Dedem bunun tek yolunun Huysuz Viki Amca’daki dönüşüm formülünü, soracağı bilmeceyi doğru yanıtlayarak almak olduğunu söyledi. Usta Sihirbaz’dan da yardım isteyemezdik. Ne kadar huysuz olsa da sırrımız yalnızca Viki Amca ile güvendeydi.
Yola koyulma zamanı…
Yollar git git bitmiyordu doğrusu. Hem yürüyüp hem Viki Amcanın sorabileceği bilmeceleri çalışmak da zor işti. Şu tepenin ardındaki ev miydi? Hah işte oradaki yüzü asık adam Viki Amca.

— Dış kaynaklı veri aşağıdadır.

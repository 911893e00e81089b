-- ===== src/Capture/Loop.antt =====
-- The two loops of `run` in crates/netdump-cli/src/main.rs. What the reader of the file and
-- `next_packet` return in turn is a list, and whether a packet can be written is a parameter.
use netdump.Base.{
  ℕ, ◌+◌, ◌*◌, ◌/◌, ◌%◌, ◌^◌, Bool, true, false, not, ◌&&◌, ◌||◌, Option, none, some, List, [], ◌∷◌,
  ◌++◌, leb, ◌==◌, if◌then◌else◌, length,
}
use netdump.Base.Text.{codes}
use netdump.Bpf.{Instruction}
use netdump.Vm.{exec}
use netdump.Core.{Packet, NetdumpError, SlicedPacket}
use netdump.Args.{Args}
use netdump.Ring.Open.{text_eq}
use netdump.Output.Stamp.{PktCtx}
use netdump.Output.Line.{range_of}
use netdump.Output.Packets.{print_packet}

-- A packet of a capture file; the time is a `Duration`.
pub record PcapPacket : Type 0 where
  pub secs : ℕ
  pub nanos : ℕ
  pub orig_len : ℕ
  pub bytes : List ℕ

-- What the loops change: `written` and `output` are what the file and the terminal have received.
pub record Capture : Type 0 where
  pub captured : ℕ
  pub ctx : PktCtx
  pub written : List PcapPacket
  pub output : List (List ℕ)

abbrev pub idle : Capture
idle = record {
  captured = 0;
  ctx = record { num = 0; prev_ts = (0, 0); first_ts = (0, 0) };
  written = [];
  output = [];
}

-- What the reader returns in turn: a packet or an error.
pub data Received (A E : Type 0) : Type 0 where
  received : A → Received A E
  failure : E → Received A E

-- A loop ends, fails, or waits where what it is given ends before it does; a loop over a socket may be
-- given too few rounds.
pub data Finish : Type 0 where
  done : Capture → Finish
  failed : NetdumpError → Capture → Finish
  waiting : Capture → Finish
  out_of_rounds : Capture → Finish

abbrev pub final : Finish → Capture
final (done s) = s
final (failed e s) = s
final (waiting s) = s
final (out_of_rounds s) = s

abbrev pub pcap_packet_to_packet : PcapPacket → ℕ → Packet
pcap_packet_to_packet pkt ifindex = record {
  meta = record {
    ts_sec = pkt.secs;
    ts_usec = pkt.nanos / 1000;
    ifindex = ifindex;
    cap_len = length pkt.bytes;
    orig_len = pkt.orig_len;
  };
  bytes = pkt.bytes;
}

-- `Duration::new`, which carries nanoseconds of a second and more into the seconds; these stay below 2^64.
abbrev pub duration : ℕ → ℕ → ℕ × ℕ
duration secs nanos = (secs + nanos / 1_000_000_000, nanos % 1_000_000_000)

-- The packet that the live loop writes.
abbrev pub packet_to_pcap : Packet → PcapPacket
packet_to_pcap packet =
    let (secs, nanos) = duration packet.meta.ts_sec (packet.meta.ts_usec * 1000 % 2 ^ 32) in
    record {
      secs = secs;
      nanos = nanos;
      orig_len = packet.meta.orig_len % 2 ^ 32;
      bytes = packet.bytes;
    }

abbrev pub is_accepted : Option Bool → Bool
is_accepted none = false
is_accepted (some b) = b

-- No program accepts every packet. The interpreter always returns.
abbrev pub accepts : Option (List Instruction) → List ℕ → Bool
accepts none bytes = true
accepts (some program) bytes = is_accepted (exec program bytes)

abbrev pub is_reached : Option ℕ → ℕ → Bool
is_reached none captured = false
is_reached (some most) captured = leb most captured

abbrev pub count_one : Capture → Capture
count_one s = record s { captured = s.captured + 1; ctx = record s.ctx { num = s.ctx.num + 1 } }

-- `-Q`: whether a packet goes the way that is asked for. `mac` is the interface's own address.
abbrev pub is_wanted : Option (List ℕ) → List ℕ → List ℕ → Bool
is_wanted none mac bytes = true
is_wanted (some direction) mac bytes =
    if leb 14 (length bytes)
    then (let outgoing = text_eq (range_of 6 6 bytes) mac in
        not (text_eq direction (codes "in") && outgoing)
        && not (text_eq direction (codes "out") && not outgoing))
    else true

-- A file's loop sets the time of the first packet at each one, the live loop at the first.
abbrev pub read_ctx : PcapPacket → PktCtx → PktCtx
read_ctx pkt ctx =
    let meta = (pcap_packet_to_packet pkt 0).meta in
    record ctx { first_ts = (meta.ts_sec, meta.ts_usec) }

abbrev pub live_ctx : Packet → PktCtx → PktCtx
live_ctx packet ctx =
    if ctx.num == 1
    then record ctx { first_ts = (packet.meta.ts_sec, packet.meta.ts_usec) }
    else ctx

module _ (slice : List ℕ → Option SlicedPacket) (term_width : ℕ)
    (write_error : List PcapPacket → Option (List ℕ)) (args : Args) where
  abbrev pub show : Packet → PktCtx → Capture → Capture
  show packet ctx s =
      let (text, after) = print_packet slice term_width args packet ctx in
      record s { ctx = after; output = s.output ++ (text ∷ []) }

  -- What follows `write_packet`, which reports what went wrong with the packets so far.
  abbrev pub after_write :
      (Capture → Finish) → Option (List ℕ) → PcapPacket → (Capture → Capture) → Capture → Finish
  after_write again (some e) pkt shown s = failed (NetdumpError.io e) s
  after_write again none pkt shown s =
      let kept = record s { written = s.written ++ (pkt ∷ []) } in
      again (if args.print then shown kept else kept)

  -- A packet is counted, written where there is a file, and printed where there is none or `--print`.
  abbrev pub keep : (Capture → Finish) → PcapPacket → (Capture → Capture) → Capture → Finish
  keep again pkt shown s =
      let counted = count_one s in
      if args.write
      then after_write again (write_error (counted.written ++ (pkt ∷ []))) pkt shown counted
      else again (shown counted)

  module _ (program : Option (List Instruction)) where
    abbrev pub show_read : PcapPacket → Capture → Capture
    show_read pkt s = show (pcap_packet_to_packet pkt 0) (read_ctx pkt s.ctx) s

    abbrev pub on_read : (Capture → Finish) → Received PcapPacket (List ℕ) → Capture → Finish
    on_read again (failure e) s = failed (NetdumpError.io e) s
    on_read again (received pkt) s =
        if accepts program pkt.bytes then keep again pkt (show_read pkt) s else again s

    unfoldable pub read_loop : List (Received PcapPacket (List ℕ)) → Capture → Finish
    read_loop [] s = done s
    read_loop (r ∷ rest) s =
        if is_reached args.count s.captured then done s else on_read (read_loop rest) r s

    abbrev pub show_live : Packet → Capture → Capture
    show_live packet s = show packet (live_ctx packet s.ctx) s

    module _ (kernel_filter_attached : Bool) (mac : List ℕ) where
      abbrev pub on_live : (Capture → Finish) → Received Packet NetdumpError → Capture → Finish
      on_live again (failure e) s = failed e s
      on_live again (received p) s =
          if kernel_filter_attached || accepts program p.bytes
          then (if is_wanted args.direction mac p.bytes
              then keep again (packet_to_pcap p) (show_live p) s
              else again s)
          else again s

      -- The live loop over a list of what `next_packet` returns in turn: a view for proofs of the loop
      -- in Socket, which calls it in each round.
      unfoldable pub live_loop : List (Received Packet NetdumpError) → Capture → Finish
      live_loop [] s = if is_reached args.count s.captured then done s else waiting s
      live_loop (r ∷ rest) s =
          if is_reached args.count s.captured then done s else on_live (live_loop rest) r s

Viki Amca doğruldu, asık suratındaki kocaman gözlerini kısarak beni tanımaya çalıştı. Tanımış olmalı ki doğruca eve girdi. Heeeey! Viki Amcaaaa!
-Ne istiyorsun be çocuk? Yaşlı deden bir hata yaptı yine değil mi?

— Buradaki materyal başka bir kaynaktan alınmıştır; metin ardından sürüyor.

-- ===== src/Capture/Socket.antt =====
-- The live loop of `run` in crates/netdump-cli/src/main.rs over the socket of
-- crates/netdump-afpacket/src/lib.rs: each round calls `next_packet` on what the round before left.
use netdump.Base.{ℕ, zero, suc, Option, List, if◌then◌else◌}
use netdump.Bpf.{Instruction}
use netdump.Core.{SlicedPacket}
use netdump.Args.{Args}
use netdump.Ring.Reader.{
  AfPacketSocket, Poll, Next, returned, error, blocked, out_of_fuel, next_packet,
}
use netdump.Capture.Loop.{
  PcapPacket, Capture, received, Finish, done, waiting, failed, out_of_rounds, is_reached, on_live,
}

module _ (slice : List ℕ → Option SlicedPacket) (term_width : ℕ)
    (write_error : List PcapPacket → Option (List ℕ)) (args : Args)
    (program : Option (List Instruction)) (mac : List ℕ) where
  -- What follows the call.
  abbrev pub on_next : (List Poll → AfPacketSocket → Capture → Finish) → Next → Capture → Finish
  on_next again (returned p sock polls) s =
      on_live slice term_width write_error args program sock.kernel_filter_attached mac
        (again polls sock) (received p) s
  on_next again (error e sock polls) s = failed e s
  on_next again (blocked sock) s = waiting s
  on_next again out_of_fuel s = out_of_rounds s

  -- So many rounds of the loop; each call of `next_packet` has the same fuel.
  unfoldable pub live_socket : ℕ → ℕ → List Poll → AfPacketSocket → Capture → Finish
  live_socket zero fuel polls sock s = out_of_rounds s
  live_socket (suc rounds) fuel polls sock s =
      if is_reached args.count s.captured
      then done s
      else on_next (live_socket rounds fuel) (next_packet fuel polls sock) s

Huysuz Viki Amca’ya başımızdan geçenleri bir bir anlattım. Bana, bilmeceyi cevaplayamazsam dedemin ölene dek tavşan bedenine hapsolacağını söyledi.
Dedem yaşlı bir tavşan olarak mı kalacaktı yani?
-Hazırım.
-Bilmeceyi soruyorum, iyi dinle o zaman. İpucu yok. Hangi yağmurda şemsiye açılmaz?
Düşünmeliydim, düşünmeliydim, yağmur, şemsiye, şemsiye açmıyorsak demek ki ıslanmadığımız bir yağmur…
-Süre dolmak üzeree!
Fen dersini hatırla öğretmenim anlatmış olmalı yağmurlar, döngüler, yıldızlar, meteor. Meteor! Fen derslerinde genellikle hayal kurmayı tercih ederdim ama bu öylesine hayallerimi süsleyen bir konuydu ki hatırlamamam imkansızdı. Hatta bir defasında dedem meteor yağmuruna yakalanıp şapkası zarar görmüş bir uzaylının şapkasını onarmıştı. Soruyu doğru cevapladığımı gören Viki Amca’nın yüzündeki huysuz ifade yerini şaşkınlığa bıraktı. Koşa koşa dükkâna döndüm. Usta Sihirbaz’ın gelmesi an meselesiydi. Ama sihir sırası şimdi bendeydi. Formülü okuyabildiğim en yüksek sesle okudum ve işte benim güzel dedem yine masasında oturup kocaman gülümsüyordu. Dedemin dükkanında şapkalar, şapkaların dünyasında maceralar bitmek bilmeyecekti. Bu arada Usta Sihirbaz’a şapkasını teslim ettik. Tabii içinde dedem olmadan.